As Beck asserts, we can exert some control over our thoughts, and thereby exert some control over how we feel, by making a conscious decision to change our self-talk. The strategy is not to attempt to eliminate unwanted thoughts, i.e., to simply say, 'I will not let my stuttering upset me' This is like telling yourself not to think about the white bear in the room. It's to crowd out negative thoughts by replacing them with positive ones. Let's see how this applies to the "cognitive triad of stuttering."

Negative expectations of the environment (expecting others to be uncomfortable and not respect us because we stutter)

Unless you have the personality of Howard Stern, most people will respond positively (or more likely neutrally) to your stuttering, even if some may be initially uncomfortable. So don't deny the negative experiences, but allow yourself to move on from the negative reactions. Don't fall into the trap of assuming that if the listener reacts negatively, it's your fault. Most importantly, if the person reacts positively, don't tell yourself that it just happened. Take credit for positive reactions from listeners. Identify what you did right and give yourself a mental pat on the back. A suggestion from Dr. Dorvan Brietenfeldt, developer of the Successful Stuttering Management Program, is to advertise your stuttering to your listener by acknowledging it in one way or another. This will demystify the experience for the listener and almost guarantee an accepting, positive response.

Negative view of oneself (being overly self-critical)

Parents who are overly critical of their children are typically well-intentioned. They believe that by pointing out all their children's mistakes, they will keep them from making the same mistakes in the future. But children who feel overly criticized often feel demoralized and lack the motivation to try at anything for fear of failure. We can even demoralize ourselves in the same way by how we relate to our speech.

By focusing on our negative experiences instead of on our successes, we reinforce the negative self-perception of failure. Effective managers, on the other hand, are taught to catch their employees doing something right and praise them for it. Do the same for yourself and your speech. Acknowledge yourself for your small successes.

Negative expectations of the future

A common denominator among depressed people is the feeling of helplessness. This feeling of not being able to produce the desired results often extends to worry and pessimism about the future. Again, it is helpful to focus on your current successes, even if it feels like they're outnumbered by non-successful experiences.

Focusing on success fosters a feeling of mastery. One of the greatest benefits I have received through my involvement in the NSA is that I know that I can be and do what I want to, even though I stutter. Of course, there are limits. I probably will never be an announcer at a race track. When the horses hit the home stretch, I'd still be announcing what they were doing in the opening turn. However, I am an effective counselor, even though I have a noticeable stutter. This is a goal that seemed beyond my reach When I first joined the NSA.

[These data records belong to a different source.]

-- ===== src/I2c/Device.antt =====
-- I2C devices: include/drivers/i2c/i2c_device.hpp. The class with virtual operations is a record of
-- those operations over the states of a device.
use embedded_firmware_simula.Prelude.{ℕ, Bool, true, false, List, [], ◌∷◌, ◌++◌}

pub record I2cDevice (V : Type 0) : Type 0 where
  pub address : V → ℕ
  pub on_start : V → Bool → V × Bool
  pub on_write : V → ℕ → V × Bool
  pub on_read : V → V × ℕ
  pub on_stop : V → V

pub record SimulatedI2cDevice : Type 0 where
  pub slave_address : ℕ
  pub default_response : ℕ
  pub ack_enabled : Bool
  pub response_queue : List ℕ
  pub received_bytes : List ℕ

unfoldable pub new : ℕ → ℕ → SimulatedI2cDevice
new address response = record {
  slave_address = address;
  default_response = response;
  ack_enabled = true;
  response_queue = [];
  received_bytes = [];
}

unfoldable pub set_address : SimulatedI2cDevice → ℕ → SimulatedI2cDevice
set_address d address = record d { slave_address = address }

unfoldable pub set_acknowledge : SimulatedI2cDevice → Bool → SimulatedI2cDevice
set_acknowledge d ack = record d { ack_enabled = ack }

unfoldable pub queue_response_byte : SimulatedI2cDevice → ℕ → SimulatedI2cDevice
queue_response_byte d byte = record d { response_queue = d.response_queue ++ byte ∷ [] }

unfoldable pub clear_response_queue : SimulatedI2cDevice → SimulatedI2cDevice
clear_response_queue d = record d { response_queue = [] }

unfoldable pub clear_received_bytes : SimulatedI2cDevice → SimulatedI2cDevice
clear_received_bytes d = record d { received_bytes = [] }

abbrev hear : SimulatedI2cDevice → Bool → ℕ → SimulatedI2cDevice × Bool
hear d false byte = (d, false)
hear d true byte = (record d { received_bytes = d.received_bytes ++ byte ∷ [] }, true)

abbrev respond : SimulatedI2cDevice → List ℕ → SimulatedI2cDevice × ℕ
respond d [] = (d, d.default_response)
respond d (byte ∷ rest) = (record d { response_queue = rest }, byte)

abbrev pub simulated : I2cDevice SimulatedI2cDevice
simulated = record {
  address = λ d. d.slave_address;
  on_start = λ d is_read. (d, d.ack_enabled);
  on_write = λ d byte. hear d d.ack_enabled byte;
  on_read = λ d. respond d d.response_queue;
  on_stop = λ d. d;
}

Although modifying your thoughts and disrupting negative thinking with positive thoughts are important components of alleviating depression, other factors are also important. For example, allow yourself time each day to do something you enjoy. Get enough sleep and exercise. Remember, exercise releases stress, and you are less likely to get depressed if you feel well physically.

Most importantly, cultivate a strong support system. Depression and loneliness are strongly correlated. One of the best antidotes for feeling down is to be understood and supported. It is typical to want to withdraw and isolate yourself when you feel depressed. Although short periods alone can be helpful, prolonged periods of withdrawal only intensify the depression.

Especially when you're feeling down about your speech, the support of fellow NSA members is invaluable. The motto of the NSA-"You are not alone" speaks to the importance of feeling understood and the power of support. (However, if you feel that you are more than mildly depressed, do not hesitate to see a counselor.)

John Wade, PhD works at the University of Kansas Counseling Center.